WHAT TO DO — Below are lines of data, and only some are wanted. Please repeat exactly those from the line that has "execute_simple_query client sql" through the line that has "-- The answers of".

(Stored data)

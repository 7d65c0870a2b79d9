-- ===== src/Session/Extended/Portals.antt =====
-- Simple queries, and the portals of a client: Describe and Execute, with the result that Describe leaves for Execute.
pub mod Once
pub mod Execute
pub mod Ready
pub mod Stops
use exa_postgres_interface.Base.{
  ℕ, zero, suc, ◌==◌, Bool, true, false, not, ◌||◌, any, map, List, [], ◌∷◌, ◌++◌, Option, none,
  some, if◌then◌else◌, Result, ok, err, PgError,
}
use exa_postgres_interface.Base.Maps.{Map, insert, remove}
use exa_postgres_interface.Base.Text.{Text, codes, text_eq, is_some}
use exa_postgres_interface.Crates.{Crates}
use exa_postgres_interface.Cursor.{TextRow, ExasolColumn}
use exa_postgres_interface.Session.{
  GatewayResponse, Database, SessionState, Client, Responses, not_connected,
}
use exa_postgres_interface.Session.Simple.{split_simple_query}
use exa_postgres_interface.Session.Types.{FieldInfo}
use exa_postgres_interface.Session.Extended.{Decoding, Portal}
use exa_postgres_interface.Session.Extended.Parameters.{render_portal_sql}

-- `Tag`: the command, its object identifier and its row count.
pub record Tag : Type 0 where
  pub command : Text
  pub oid : Option ℕ
  pub rows : Option ℕ

-- `Response`, with `QueryResponse` as a parameter.
pub data Response (QueryResponse : Type 0) : Type 0 where
  empty_query : Response QueryResponse
  query : QueryResponse → Response QueryResponse
  execution transaction_start transaction_end : Tag → Response QueryResponse
  error : PgError → Response QueryResponse
  copy : Response QueryResponse

-- The answers with rows, which src/pg_server.rs makes with the encoder of pgwire (Session/Rows), and
-- the fields of an answer.
pub record Encoding (k : Crates) : Type 1 where
  pub QueryResponse : Type 0
  pub query_response : List Text → List TextRow → Result QueryResponse
  pub query_response_arrow :
      k.Schema → List k.RecordBatch → Option Text → Bool → Result QueryResponse
  pub query_response_typed :
      List (ExasolColumn k) → List TextRow → Option Text → Bool → Result QueryResponse
  pub fields : GatewayResponse k → List FieldInfo

abbrev plain_tag : Text → Tag
plain_tag command = record { command = command; oid = none; rows = none }

unfoldable pub execution_tag : Text → Option ℕ → Tag
execution_tag command none = plain_tag command
execution_tag command (some rows) = elim (text_eq command (codes "INSERT")) [
  | true ↦ record { command = command; oid = some 0; rows = some rows }
  | false ↦ record { command = command; oid = none; rows = some rows }
]

abbrev map_query : {Q : Type 0} → Result Q → Result (Response Q)
map_query (ok q) = ok (Response.query q)
map_query (err e) = err e

module _ {k : Crates} (encoding : Encoding k) where
  -- `Response::try_from`.
  unfoldable pub try_from : GatewayResponse k → Result (Response encoding.QueryResponse)
  unfolding execution_tag
  try_from GatewayResponse.empty = ok Response.empty_query
  try_from (GatewayResponse.query columns rows) = map_query (encoding.query_response columns rows)
  try_from (GatewayResponse.arrow_query schema batches tag fold) =
      map_query (encoding.query_response_arrow schema batches tag fold)
  try_from (GatewayResponse.typed_query columns rows tag fold) =
      map_query (encoding.query_response_typed columns rows tag fold)
  try_from (GatewayResponse.execution command rows) =
      ok (Response.execution (execution_tag command rows))
  try_from (GatewayResponse.transaction_start command) =
      ok (Response.transaction_start (plain_tag command))
  try_from (GatewayResponse.transaction_end command) =
      ok (Response.transaction_end (plain_tag command))
  try_from (GatewayResponse.error sqlstate message) =
      ok (Response.error (record { sqlstate = sqlstate; message = message }))

-- `responses.pop().unwrap_or(GatewayResponse::Empty)`
abbrev pub pop_or_empty : {k : Crates} → List (GatewayResponse k) → GatewayResponse k
pop_or_empty [] = GatewayResponse.empty
pop_or_empty (response ∷ []) = response
pop_or_empty (_ ∷ response ∷ rest) = pop_or_empty (response ∷ rest)

module _ {k : Crates} {db : Database k} where
  unfoldable pub cache_extended_result :
      Client db → Text → GatewayResponse k → Client db × Result (Unit {0})
  unfolding insert
  cache_extended_result client portal_name response = elim client.session [
    | none ↦ (client, err not_connected)
    | some s ↦ (
      record client {
        session =
            some (record s { extended_results = insert portal_name response s.extended_results });
      },
      ok tt,
    )
  ]

  unfoldable pub take_cached_extended_result :
      Client db → Text → Client db × Option (GatewayResponse k)
  unfolding remove
  take_cached_extended_result client portal_name = elim client.session [
    | none ↦ (client, none)
    | some s ↦ (
      record client {
        session = some (record s { extended_results = remove portal_name s.extended_results });
      },
      s.extended_results portal_name,
    )
  ]

  -- The handlers over `execute_statement`.
  module _ (encoding : Encoding k) (d : Decoding)
      (execute_statement : Client db → Text → Option (Client db × Responses k)) where
    unfoldable pub do_describe_portal :
        Client db → Portal → Option (Client db × Result (List FieldInfo))
    unfolding render_portal_sql cache_extended_result
    do_describe_portal client target = elim (render_portal_sql d target) [
      | err e ↦ some (client, err e)
      | ok sql ↦ elim (execute_statement client sql) [
        | none ↦ none
        | some (client', answer) ↦ elim answer [
          | err e ↦ some (client', err e)
          | ok responses ↦
              let response = pop_or_empty responses in
              let (client'', cached) = cache_extended_result client' target.name response in
              some (client'', elim cached [ err e ↦ err e | ok _ ↦ ok (encoding.fields response) ])
        ]
      ]
    ]

    unfoldable pub do_query :
        Client db → Portal → Option (Client db × Result (Response encoding.QueryResponse))
    unfolding render_portal_sql try_from
    do_query client portal = elim (render_portal_sql d portal) [
      | err e ↦ some (client, ok (Response.error e))
      | ok sql ↦ elim (execute_statement client sql) [
        | none ↦ none
        | some (client', answer) ↦ elim answer [
          | err e ↦ some (client', err e)
          | ok responses ↦ some (client', try_from encoding (pop_or_empty responses))
        ]
      ]
    ]

    -- The response of `on_execute`, and whether it was described: that of Describe, or a new one.
    unfoldable pub execute_response :
        Client db
        → Portal
        → Text
        → Option (Client db × Bool × Result (Response encoding.QueryResponse))
    unfolding take_cached_extended_result do_query try_from
    execute_response client portal portal_name =
        let (client', cached) = take_cached_extended_result client portal_name in
        elim cached [
          | some response ↦ some (client', true, try_from encoding response)
          | none ↦ elim (do_query client' portal) [
            | none ↦ none
            | some (client'', answer) ↦ some (client'', false, answer)
          ]
        ]

abbrev collect : {A : Type 0} → List (Result A) → Result (List A)
collect [] = ok []
collect (err e ∷ rest) = err e
collect (ok a ∷ rest) = elim (collect rest) [ err e ↦ err e | ok more ↦ ok (a ∷ more) ]

abbrev pub is_error : {Q : Type 0} → Response Q → Bool
is_error (Response.error _) = true
is_error _ = false

module _ {k : Crates} {db : Database k} (encoding : Encoding k)
    (execute_statement : Client db → Text → Option (Client db × Responses k)) where
  unfoldable pub execute_sql :
      Client db → Text → Option (Client db × Result (List (Response encoding.QueryResponse)))
  unfolding try_from
  execute_sql client sql = elim (execute_statement client sql) [
    | none ↦ none
    | some (client', answer) ↦ some (
      client',
      elim answer [ err e ↦ err e | ok responses ↦ collect (map (try_from encoding) responses) ],
    )
  ]

  -- The loop of `execute_simple_query`: it stops behind a statement that answers with an error, and
  -- a failure drops the responses of the statements before it.
  unfoldable pub execute_statements :
      Client db
      → List Text
      → List (Response encoding.QueryResponse)
      → Option (Client db × Result (List (Response encoding.QueryResponse)))
  unfolding execute_sql
  execute_statements client [] responses = some (client, ok responses)
  execute_statements client (statement ∷ rest) responses = elim (execute_sql client statement) [
    | none ↦ none
    | some (client', answer) ↦ elim answer [
      | err e ↦ some (client', err e)
      | ok more ↦ elim (any is_error more) [
        | true ↦ some (client', ok (responses ++ more))
        | false ↦ execute_statements client' rest (responses ++ more)
      ]
    ]
  ]

  unfoldable pub execute_simple_query :
      Client db → Text → Option (Client db × Result (List (Response encoding.QueryResponse)))
  unfolding execute_statements split_simple_query
  execute_simple_query client sql = elim (split_simple_query sql) [
    | [] ↦ some (client, ok (Response.empty_query ∷ []))
    | statement ∷ rest ↦ execute_statements client (statement ∷ rest) []
  ]
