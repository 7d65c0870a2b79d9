-- ===== src/Session/Extended/Answers.antt =====
-- The answers of the protocol made with the row encoder: what `Response::try_from` calls.
use exa_postgres_interface.Base.{Bool, List, map, Option, none, Result, ok, ◌≡◌, refl}
use exa_postgres_interface.Base.Text.{Text}
use exa_postgres_interface.Crates.{Crates}
use exa_postgres_interface.Cursor.{TextRow, ExasolColumn}
use exa_postgres_interface.Exasol.Json.{Json}
use exa_postgres_interface.Policy.Regexes.{Regexes}
use exa_postgres_interface.Session.{GatewayResponse}
use exa_postgres_interface.Session.Types.{
  FieldInfo, Field, text_field, typed_columns, map_exasol_columns, fields,
}
use exa_postgres_interface.Session.Rows.{
  Encoder, Columns, QueryResponse, text_response, query_response_arrow,
}
use exa_postgres_interface.Session.Extended.Portals.{Encoding, Response, try_from}

module _ {k : Crates} (j : Json k.Value) (r : Regexes) (fields_of : k.Schema → List Field)
    (c : Columns k) (e : Encoder) where
  unfoldable pub query_response : List Text → List TextRow → Result (QueryResponse e.DataRow)
  unfolding text_response
  query_response columns rows = ok (text_response e (map text_field columns) rows none)

  unfoldable pub query_response_typed :
      List (ExasolColumn k) → List TextRow → Option Text → Bool → Result (QueryResponse e.DataRow)
  unfolding text_response
  query_response_typed columns rows command_tag fold_labels =
      ok (text_response e (typed_columns j r fields_of columns fold_labels) rows command_tag)

  abbrev pub encoding : Encoding k
  encoding = record {
    QueryResponse = QueryResponse e.DataRow;
    query_response = query_response;
    query_response_arrow = λ schema batches command_tag fold_labels. ok (
        query_response_arrow c e (map_exasol_columns j fields_of schema fold_labels) batches
          command_tag);
    query_response_typed = query_response_typed;
    fields = fields j r fields_of;
  }

-- A response with rows is sent under these fields.
abbrev pub IsUnder :
    {DataRow : Type 0} → List FieldInfo → Result (Response (QueryResponse DataRow)) → Type 0
IsUnder described (ok (Response.query answer)) = answer.schema ≡ described
IsUnder described _ = Unit {0}

-- The fields that Describe tells of an answer are those under which Execute sends its rows.
pub fields-try_from :
    {k : Crates} (j : Json k.Value) (r : Regexes) (fields_of : k.Schema → List Field)
    (c : Columns k) (e : Encoder) (response : GatewayResponse k)
    → IsUnder (fields j r fields_of response) (try_from (encoding j r fields_of c e) response)
unfolding try_from query_response query_response_typed query_response_arrow text_response fields
fields-try_from j r fields_of c e GatewayResponse.empty = tt
fields-try_from j r fields_of c e (GatewayResponse.query columns rows) = refl
fields-try_from j r fields_of c e (GatewayResponse.arrow_query schema batches tag fold) = refl
fields-try_from j r fields_of c e (GatewayResponse.typed_query columns rows tag fold) = refl
fields-try_from j r fields_of c e (GatewayResponse.execution command rows) = tt
fields-try_from j r fields_of c e (GatewayResponse.transaction_start command) = tt
fields-try_from j r fields_of c e (GatewayResponse.transaction_end command) = tt
fields-try_from j r fields_of c e (GatewayResponse.error sqlstate message) = tt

REPLY TO THE TASK —
  execute_simple_query client sql = elim (split_simple_query sql) [
    | [] ↦ some (client, ok (Response.empty_query ∷ []))
    | statement ∷ rest ↦ execute_statements client (statement ∷ rest) []
  ]
repository 7d65c0870a2b79d9
-- ===== src/Session/Extended/Answers.antt =====
-- The answers of the protocol made with the row encoder: what `Response::try_from` calls.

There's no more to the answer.